Required work:
From first line to last, give the material again unchanged.

Records to use:
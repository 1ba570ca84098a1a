-- ===== src/Lib.antt =====
-- Verification of the Python backend of AI Meeting Copilot (backend/app).
--
-- The backend records meetings, transcribes captured audio chunk by chunk, keeps the transcript
-- with the meeting, and works on it afterwards: review batches, reply suggestions, playback and
-- deletion of the recording. The parts that are modelled, with the files that model them:
--
--   Meeting      the meeting aggregate: `Meeting`, `TranscriptEntry` and the recorded events
--                (backend/app/domain/entities, backend/app/domain/events). `Meeting.end` is
--                `finish`. Meeting/Lifecycle has its invariant.
--   Live         what happens to an audio chunk: Live/Buffer is `BoundedAudioChunkBuffer`
--                (backend/app/infrastructure/audio), Live/Chunk the use cases
--                `ProcessLiveAudioChunkUseCase` and `AddTranscriptUseCase`
--                (backend/app/application/use_cases), which call Live/Deduplicator,
--                `TranscriptDeduplicator` (backend/app/application/services), and the meeting.
--                Live/Session is `BufferedLiveTranscriptionSession`, which passes each chunk
--                through the buffer to a processor; the processor is a parameter there.
--   Recording    Recording/Metadata has the records and checks of
--                backend/app/application/dto/recordings, Recording/Deletion the transitions of
--                backend/app/application/services/recording_deletion_state.py, Recording/Timing
--                the playback timeline (recording_timing.py), Recording/Capture the use cases
--                that prepare, start, finalize and fail a recording, Recording/Retention
--                `UpdateAudioRetentionUseCase`, and Recording/Seek `ResolveRecordingSeekUseCase`
--                (backend/app/application/use_cases). Recording/Validity and Recording/Stored say
--                what a stored record satisfies. Recording/Erasure is `DeleteMeetingAudioUseCase`,
--                Recording/Cleanup `RecordingRetentionCleanupService` and Recording/Reconcile
--                `RecordingStorageReconciler` (backend/app/application/services); they work on
--                Recording/Rows, the table of recordings, and on the interfaces of the storage and
--                the key store, both in Recording/Work. Recording/Segments is
--                `WriteRecordingSegmentUseCase` with the table of timings.
--   Review       Review/Batcher is `MeetingReviewBatcher`
--                (backend/app/application/services/meeting_review_batcher.py), Review/Merger
--                `MeetingReviewMerger`, Review/Artifact the artifact and its content, and
--                Review/Generation `GenerateMeetingReviewUseCase`, which calls the batcher, the
--                provider and the merger. Review/Translation is the artifact of a translation and
--                `GenerateMeetingTranslationUseCase`; Review/Table is the keyed table of artifacts.
--   Assist       Assist/Context is `RecentTranscriptContext` and `ReplyContext`
--                (backend/app/application/services/recent_transcript_context.py,
--                backend/app/application/dto/assist_mode). Assist/Gate is
--                `LiveTranscriptionPriorityGate` with the tasks that wait on it, and
--                Assist/Orchestrator `AssistModeOrchestrator`, which calls both
--                (live_transcription_priority_gate.py and assist_mode_orchestrator.py there).
--                Assist/Task has coroutines that are cut at their suspension points.
--   Protocol     Protocol/Frame has the binary frames of audio
--                (backend/app/api/live_transcription/binary_frames.py).
--   Exec         computations on a state that may raise, for the use cases with several
--                transactions.
--   Prelude      what the others share: exceptions as values, Python's text and datetime values,
--                lists measured by native numbers.
--   Tests        the theorems at concrete inputs.
--
-- How the code is read. A Python `int` is a natural number where the code checks that it is not
-- negative, and it has no width. UUIDs are numbers; what `uuid4`, the clock, the speech provider
-- and `str.lower` return is an argument. A `datetime` is an instant in microseconds with the offset
-- from UTC, if it has one. Text is a list of code points. A call that may raise returns a
-- `Result`; the exception keeps its class and loses its message. A use case takes what its unit
-- of work reads and returns what it saves; where it raises, nothing is saved after the last
-- commit. The workers that delete, the writing of a segment and the generation of a review or of a
-- translation have several transactions: they are computations on a table and a world outside, in
-- which every call and every commit may raise, and what was done before stays done. For the
-- deletion each of these steps is recorded as a moment, so that a theorem about all moments covers
-- a process that stops in between. There the storage, the key store, the query of the rows and the
-- commit are any functions on the world: that a recording is deleted means that the storage and the
-- key store have answered so, or that it is not there (Recording/Work/Observed). Elsewhere the
-- storage, the provider and the commit are records of functions on the world, with their documented
-- behaviour as named laws. JSON, UUID texts and ISO times of a frame are such a record too. A method
-- that holds a lock from start to end is one step. The float operations of a seek are a record of
-- operations over any type of seconds, so that rounding is not assumed away; a duration elsewhere
-- counts nanoseconds or is not finite, and is compared exactly. The floats of the gate are such a
-- record too.
--
-- Concurrency. The gate and the orchestrator run on one event loop, so that a task is interrupted
-- only where it awaits. A schedule is a sequence of steps, each a part of one task between two
-- suspensions. For the gate one waiting task is followed through all schedules of the others, which
-- share the gate: they may clear its activity event, and setting it wakes the inner task.
-- A session of the orchestrator has any number of callers and its worker; what a task awaits is
-- answered by any value or exception at any time, a cancellation included, so that the theorems do
-- not depend on when a cancelled task ends. The task of a translation calls its use case in a step
-- of its own behind the one that created it, at any time, unless it is cancelled before.
--
-- Loops. Most are structural recursions. The binary search of a seek runs on fuel of one more than
-- the number of rows, and the loop of the batcher on one more than the number of entries; running
-- out is an error of its own. That is enough because each round of the search drops a row, and
-- each round of the batcher starts at a later entry.
--
-- Not modelled: routes, persistence, AI providers, configuration and logging (I/O and calls of
-- libraries), the tools that measure transcription quality, and the desktop application. The
-- format of recording files and their encryption and the control messages of the wire protocol are
-- left out. Of the orchestrator the throughput diagnostics are left out.
pub mod Prelude
pub mod Exec
pub mod Meeting
pub mod Live
pub mod Recording
pub mod Review
pub mod Assist
pub mod Protocol
mod Tests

The completed task:
repository 1ba570ca84098a1a
-- ===== src/Lib.antt =====
-- Verification of the Python backend of AI Meeting Copilot (backend/app).
--
-- The backend records meetings, transcribes captured audio chunk by chunk, keeps the transcript
-- with the meeting, and works on it afterwards: review batches, reply suggestions, playback and
-- deletion of the recording. The parts that are modelled, with the files that model them:
--
--   Meeting      the meeting aggregate: `Meeting`, `TranscriptEntry` and the recorded events
--                (backend/app/domain/entities, backend/app/domain/events). `Meeting.end` is
--                `finish`. Meeting/Lifecycle has its invariant.
--   Live         what happens to an audio chunk: Live/Buffer is `BoundedAudioChunkBuffer`
--                (backend/app/infrastructure/audio), Live/Chunk the use cases
--                `ProcessLiveAudioChunkUseCase` and `AddTranscriptUseCase`
--                (backend/app/application/use_cases), which call Live/Deduplicator,
--                `TranscriptDeduplicator` (backend/app/application/services), and the meeting.
--                Live/Session is `BufferedLiveTranscriptionSession`, which passes each chunk
--                through the buffer to a processor; the processor is a parameter there.
--   Recording    Recording/Metadata has the records and checks of
--                backend/app/application/dto/recordings, Recording/Deletion the transitions of
--                backend/app/application/services/recording_deletion_state.py, Recording/Timing
--                the playback timeline (recording_timing.py), Recording/Capture the use cases
--                that prepare, start, finalize and fail a recording, Recording/Retention
--                `UpdateAudioRetentionUseCase`, and Recording/Seek `ResolveRecordingSeekUseCase`
--                (backend/app/application/use_cases). Recording/Validity and Recording/Stored say
--                what a stored record satisfies. Recording/Erasure is `DeleteMeetingAudioUseCase`,
--                Recording/Cleanup `RecordingRetentionCleanupService` and Recording/Reconcile
--                `RecordingStorageReconciler` (backend/app/application/services); they work on
--                Recording/Rows, the table of recordings, and on the interfaces of the storage and
--                the key store, both in Recording/Work. Recording/Segments is
--                `WriteRecordingSegmentUseCase` with the table of timings.
--   Review       Review/Batcher is `MeetingReviewBatcher`
--                (backend/app/application/services/meeting_review_batcher.py), Review/Merger
--                `MeetingReviewMerger`, Review/Artifact the artifact and its content, and
--                Review/Generation `GenerateMeetingReviewUseCase`, which calls the batcher, the
--                provider and the merger. Review/Translation is the artifact of a translation and
--                `GenerateMeetingTranslationUseCase`; Review/Table is the keyed table of artifacts.
--   Assist       Assist/Context is `RecentTranscriptContext` and `ReplyContext`
--                (backend/app/application/services/recent_transcript_context.py,
--                backend/app/application/dto/assist_mode). Assist/Gate is
--                `LiveTranscriptionPriorityGate` with the tasks that wait on it, and
--                Assist/Orchestrator `AssistModeOrchestrator`, which calls both
--                (live_transcription_priority_gate.py and assist_mode_orchestrator.py there).
--                Assist/Task has coroutines that are cut at their suspension points.
--   Protocol     Protocol/Frame has the binary frames of audio
--                (backend/app/api/live_transcription/binary_frames.py).
--   Exec         computations on a state that may raise, for the use cases with several
--                transactions.
--   Prelude      what the others share: exceptions as values, Python's text and datetime values,
--                lists measured by native numbers.
--   Tests        the theorems at concrete inputs.
--
-- How the code is read. A Python `int` is a natural number where the code checks that it is not
-- negative, and it has no width. UUIDs are numbers; what `uuid4`, the clock, the speech provider
-- and `str.lower` return is an argument. A `datetime` is an instant in microseconds with the offset
-- from UTC, if it has one. Text is a list of code points. A call that may raise returns a
-- `Result`; the exception keeps its class and loses its message. A use case takes what its unit
-- of work reads and returns what it saves; where it raises, nothing is saved after the last
-- commit. The workers that delete, the writing of a segment and the generation of a review or of a
-- translation have several transactions: they are computations on a table and a world outside, in
-- which every call and every commit may raise, and what was done before stays done. For the
-- deletion each of these steps is recorded as a moment, so that a theorem about all moments covers
-- a process that stops in between. There the storage, the key store, the query of the rows and the
-- commit are any functions on the world: that a recording is deleted means that the storage and the
-- key store have answered so, or that it is not there (Recording/Work/Observed). Elsewhere the
-- storage, the provider and the commit are records of functions on the world, with their documented
-- behaviour as named laws. JSON, UUID texts and ISO times of a frame are such a record too. A method
-- that holds a lock from start to end is one step. The float operations of a seek are a record of
-- operations over any type of seconds, so that rounding is not assumed away; a duration elsewhere
-- counts nanoseconds or is not finite, and is compared exactly. The floats of the gate are such a
-- record too.
--
-- Concurrency. The gate and the orchestrator run on one event loop, so that a task is interrupted
-- only where it awaits. A schedule is a sequence of steps, each a part of one task between two
-- suspensions. For the gate one waiting task is followed through all schedules of the others, which
-- share the gate: they may clear its activity event, and setting it wakes the inner task.
-- A session of the orchestrator has any number of callers and its worker; what a task awaits is
-- answered by any value or exception at any time, a cancellation included, so that the theorems do
-- not depend on when a cancelled task ends. The task of a translation calls its use case in a step
-- of its own behind the one that created it, at any time, unless it is cancelled before.
--
-- Loops. Most are structural recursions. The binary search of a seek runs on fuel of one more than
-- the number of rows, and the loop of the batcher on one more than the number of entries; running
-- out is an error of its own. That is enough because each round of the search drops a row, and
-- each round of the batcher starts at a later entry.
--
-- Not modelled: routes, persistence, AI providers, configuration and logging (I/O and calls of
-- libraries), the tools that measure transcription quality, and the desktop application. The
-- format of recording files and their encryption and the control messages of the wire protocol are
-- left out. Of the orchestrator the throughput diagnostics are left out.
pub mod Prelude
pub mod Exec
pub mod Meeting
pub mod Live
pub mod Recording
pub mod Review
pub mod Assist
pub mod Protocol
mod Tests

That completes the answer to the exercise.